Parábola do bom muçulmano

FOI APENAS UM ACIDENTE

Mais uma vez eu remo contra a corrente da crítica majoritária. Embora reconheça em Foi Apenas um Acidente (Yek tasadef sadeh) um libelo poderoso contra a ditadura iraniana, não vejo ali uma coerência que sustente as curvas dramáticas do filme.

Jafar Panahi se vale da estrutura habitual do road movie iraniano para denunciar as formas de tortura e os estragos traumáticos provocados nas vítimas da repressão. Leva seus personagens no rumo de uma catarse feroz, expressando tudo aquilo que os opositores gostariam de cuspir na cara dos seus algozes. Mas um requisito moral impede que se usem os mesmos métodos do governo. Qual o lugar da violência reparadora – é o que se pergunta.

O atropelamento de um cachorro é o primeiro sinal de que as coisas não vão bem para Eghbal (Ebrahim Azizi). Ao levar o carro para conserto numa oficina, seu andar característico é reconhecido por Vahid (Vahid Mobasseri), a quem teria torturado na cadeia. Vahid o sequestra, disposto a enterrá-lo vivo, mas suspende a operação a meio caminho na dúvida se aquele homem seria mesmo o “Perneta” que havia estragado seu rim na tortura e provocado o suicídio de sua noiva. A fim de obter maior certeza, ele sai em busca de outros ex-presos políticos que possam confirmar o reconhecimento.

O que se segue tem tintas de comédia mórbida e quase surrealista, especialmente depois que se juntam um casal com roupas de noivos e um rapaz de temperamento explosivo com sede de vingança. Não é à toa que o filme indicado para representar o Irã no próximo Oscar, Causa da Morte: Desconhecida, também tenha uma van no deserto com um corpo prestes a ser enterrado. A metáfora de uma sociedade assombrada pelo silenciamento parece evidente.

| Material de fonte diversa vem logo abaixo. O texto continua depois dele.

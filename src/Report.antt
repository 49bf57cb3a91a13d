-- ===== src/Report.antt =====
-- What the program prints on stderr: the lines of src/logger.c, the messages of src/error.c, the
-- summary of src/metrics.c, and the texts of src/config.c. A text is the bytes that `fprintf` writes;
-- that the writes succeed is not modelled.
pub mod Fields
pub mod Lines
mod Tests
use concurrent_http_proxy_se.Base.{
  ℕ, zero, suc, ◌-◌, ltb, length, take, if◌then◌else◌, Bool, true, false, Option, none, some, List,
  [], ◌∷◌, ◌++◌,
}
use concurrent_http_proxy_se.Bytes.{Bytes, codes}
use concurrent_http_proxy_se.Config.{Config}
use concurrent_http_proxy_se.Decimal.{decimal}
use concurrent_http_proxy_se.Logger.{Level, info, number, level_to_string}
use concurrent_http_proxy_se.Metrics.{Metrics, Counters}

-- `format_timestamp`: what `localtime` gives, `none` for NULL, and what `strftime` prints of it.
unfoldable pub format_timestamp {ℓ} : {T : Type ℓ} → Option T → (T → Bytes) → Option Bytes
format_timestamp none strftime = none
format_timestamp (some t) strftime = if ltb 0 (length (strftime t)) then some (strftime t) else none

abbrev pub spaces : ℕ → Bytes
spaces zero = []
spaces (suc n) = 32 ∷ spaces n

-- `%-5s`
abbrev pub padded : Bytes → Bytes
padded text = text ++ spaces (5 - length text)

-- The timestamp in its buffer.
abbrev pub stamp : Option Bytes → Bytes
stamp none = take 19 (codes "unknown-time")
stamp (some text) = text

-- What `logger_log` prints at a level that is not filtered; `message` is what the format gives.
unfoldable pub log_line : Option Bytes → Level → Bytes → Bytes
log_line timestamp level message =
    (91 ∷ stamp timestamp)
    ++ (codes "] " ++ (padded (level_to_string level) ++ (32 ∷ (message ++ (10 ∷ [])))))

-- `logger_log` with `current_level`.
unfoldable pub log : Level → Option Bytes → Level → Bytes → Bytes
log current_level timestamp level message =
    if ltb (number level) (number current_level) then [] else log_line timestamp level message

-- `error_vreport`, and the two prefixes that it is called with.
abbrev pub vreport : Bytes → Bytes → Bytes
vreport prefix message = prefix ++ (message ++ (10 ∷ []))

unfoldable pub error_report : Bytes → Bytes
error_report message = vreport (codes "error: ") message

unfoldable pub error_report_usage : Bytes → Bytes
error_report_usage message = vreport (codes "usage error: ") message

-- A format with a number behind each label, and what follows them.
unfoldable pub fields : List Bytes → List ℕ → Bytes → Bytes
fields [] numbers rest = rest
fields (label ∷ labels) [] rest = rest
fields (label ∷ labels) (n ∷ numbers) rest = label ++ (decimal n ++ fields labels numbers rest)

abbrev pub summary_labels : List Bytes
summary_labels =
    codes " active_connections="
    ∷ codes " cache_hits="
    ∷ codes " cache_misses="
    ∷ codes " cache_evictions="
    ∷ codes " origin_fetch_failures="
    ∷ codes " bytes_in="
    ∷ codes " bytes_out="
    ∷ []

abbrev pub summary_numbers : Counters → List ℕ
summary_numbers s =
    s.total_requests ∷ s.active_connections ∷ s.cache_hits ∷ s.cache_misses ∷ s.cache_evictions
    ∷ s.origin_fetch_failures ∷ s.bytes_in ∷ s.bytes_out ∷ []

-- The message of `metrics_log_summary`.
unfoldable pub summary : Counters → Bytes
summary s =
    fields (codes "metrics summary: total_requests=" ∷ summary_labels) (summary_numbers s) []

abbrev pub config_labels : List Bytes
config_labels = codes " workers=" ∷ codes " cache_size_bytes=" ∷ []

-- The message of `proxy_config_log`.
unfoldable pub config_text : Config → Bytes
config_text c =
    fields (codes "config: port=" ∷ config_labels)
      (c.port ∷ c.worker_count ∷ c.cache_size_bytes ∷ [])
      (codes " log_level=" ++ level_to_string c.log_level)

-- `metrics_log_summary`; the snapshot holds the counters.
unfoldable pub log_summary : Level → Option Bytes → Metrics → Bytes
log_summary current_level timestamp none = []
log_summary current_level timestamp (some s) = log current_level timestamp info (summary s)

-- `proxy_config_log` of a configuration that is not NULL.
unfoldable pub config_log : Level → Option Bytes → Config → Bytes
config_log current_level timestamp c = log current_level timestamp info (config_text c)

-- Lines, each with its end.
abbrev pub text_lines : List Bytes → Bytes
text_lines [] = []
text_lines (line ∷ lines) = line ++ (10 ∷ text_lines lines)

abbrev pub usage_name : Option Bytes → Bytes
usage_name none = codes "proxy_server"
usage_name (some program_name) = program_name

-- `proxy_config_print_usage`; a NULL name is `none`.
unfoldable pub print_usage : Option Bytes → Bytes
print_usage program_name = text_lines (
    (codes "Usage: "
      ++ (usage_name program_name
          ++ codes " [--port PORT] [--workers COUNT] [--cache-size BYTES] [--log-level LEVEL]"))
    ∷ (codes "       " ++ (usage_name program_name ++ codes " --help"))
    ∷ []
    ∷ codes "Options:"
    ∷ (codes "  --port PORT          Listening port (default: " ++ (decimal 8080 ++ codes ")"))
    ∷ (codes "  --workers COUNT      Worker thread count (default: " ++ (decimal 4 ++ codes ")"))
    ∷ (codes "  --cache-size BYTES   Shared cache capacity in bytes (default: "
        ++ (decimal 1048576 ++ codes ")"))
    ∷ codes "  --log-level LEVEL    Log level: debug, info, warn, error (default: info)"
    ∷ [])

Enquanto se move pela cidade, a van de Vahid testemunha a corrupção disseminada pelos vários setores, a insensibilidade da burocracia, mas também a determinação das mulheres em afrontar o status quo, representada pela fotógrafa que só usa o hijab em circunstâncias especiais.

Panahi põe em cena alguns motivos caros ao cinema iraniano e ao seu próprio. Um deles é a dramaturgia do automóvel, um movimento constante que descortina paisagens e dilemas dos personagens. Outro é a noção de obstinação, que leva as pessoas a fazerem de tudo para conseguir alguma coisa, seja um peixinho dourado, seja um par de tênis ou uma verdade redentora. Outro ainda é o balanço moral entre o que se deseja e o que se deve fazer. O senso de justiça, segundo o Alcorão, deve ser temperado pela misericórdia e a compaixão.

Essas virtudes vêm à tona na história de Vahid quando ele e seus amigos descobrem que a mulher do provável torturador está em perigoso trabalho de parto. A virada de comportamento soa excessiva, para além do verossímil diante do perigo potencial. Daí em diante, na minha apreciação, o filme perde um bocado de sua lógica em troca de uma parábola sobre a ética do bom muçulmano.

Há mesmo uma perda de ritmo que se agrava nas cenas finais, quando Panahi expressa, através de uma personagem, sua indignação furiosa contra a violência do regime. Já o plano final é uma representação tão silenciosa e estática quanto eloquente do impasse do cidadão iraniano entre a fúria vingativa e a boa fé.

Foi Apenas um Acidente é um filme politicamente valioso e corajoso. Contribuiu para que o governo iraniano redobrasse sua perseguição a Panahi, condenando-o esta semana a um ano de prisão e dois anos sem poder sair do país – do qual, aliás, ele está fora. Mas nada disso o faz mais merecedor da Palma de Ouro de Cannes do que O Agente Secreto, que ficou com melhor direção e melhor ator. Creio que Juliette Binoche concorda comigo.

>> Foi Apenas um Acidente está nos cinemas.

4 comentários sobre “Parábola do bom muçulmano

  1. O final é bom!!! Também achei o meio do filme mais desinteressante. O texto, por exemplo, na cena de todos no deserto. Mas o início e o final, especialmente, são bons.

  2. Concordo com tudo!

    Mais uma vez confunde-se uma boa história com um bom filme!

    Embora seja bom, não é o melhor.

  3. Oi querido,

    Gostei muito do filme até exatamente o ponto que você menciona na sua critica ! Me deixou com um certo inconforto que nao sabia bem expressar, e acho que a sua leitura me ajudou nisso.